[[ LISTED ENTRIES, beginning ]]

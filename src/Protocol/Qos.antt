-- ===== src/Protocol/Qos.antt =====
-- crates/laic/src/protocol/constants.rs: `Qos`.
use laic.Prelude.{ℕ, ◌<◌, ◌≡◌, refl, ◌==◌, if◌then◌else◌, Result, ok, err, arith}
use laic.Error.Protocol.{ProtocolError, invalid_qos}

pub data Qos : Type 0 where
  normal high emergency : Qos

unfoldable pub from_u8 : ℕ → Result Qos ProtocolError
from_u8 value =
    if value == 0
    then ok normal
    else if value == 1
    then ok high
    else if value == 2
    then ok emergency
    else err (invalid_qos value)

-- The cast `as u8`
unfoldable pub as_u8 : Qos → ℕ
as_u8 normal = 0
as_u8 high = 1
as_u8 emergency = 2

pub from_u8-as_u8 : (q : Qos) → from_u8 (as_u8 q) ≡ ok q
unfolding from_u8 as_u8
from_u8-as_u8 normal = refl
from_u8-as_u8 _ = refl

pub as_u8-from_u8 : (b : ℕ) (q : Qos) → from_u8 b ≡ ok q → as_u8 q ≡ b
unfolding from_u8 as_u8
as_u8-from_u8 b q h = ground arith

pub as_u8-lt : (q : Qos) → as_u8 q < 256
unfolding as_u8
as_u8-lt q = ground arith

[[ LISTED ENTRIES, end ]]

YOUR ASSIGNMENT:
Lines to set down from above: the line with "else if value == 1", the line with "as_u8 emergency = 2", and every line between, each exactly as written.

EXPECTED OUTPUT:
    else if value == 1
    then ok high
    else if value == 2
    then ok emergency
    else err (invalid_qos value)

-- The cast `as u8`
unfoldable pub as_u8 : Qos → ℕ
as_u8 normal = 0
as_u8 high = 1
as_u8 emergency = 2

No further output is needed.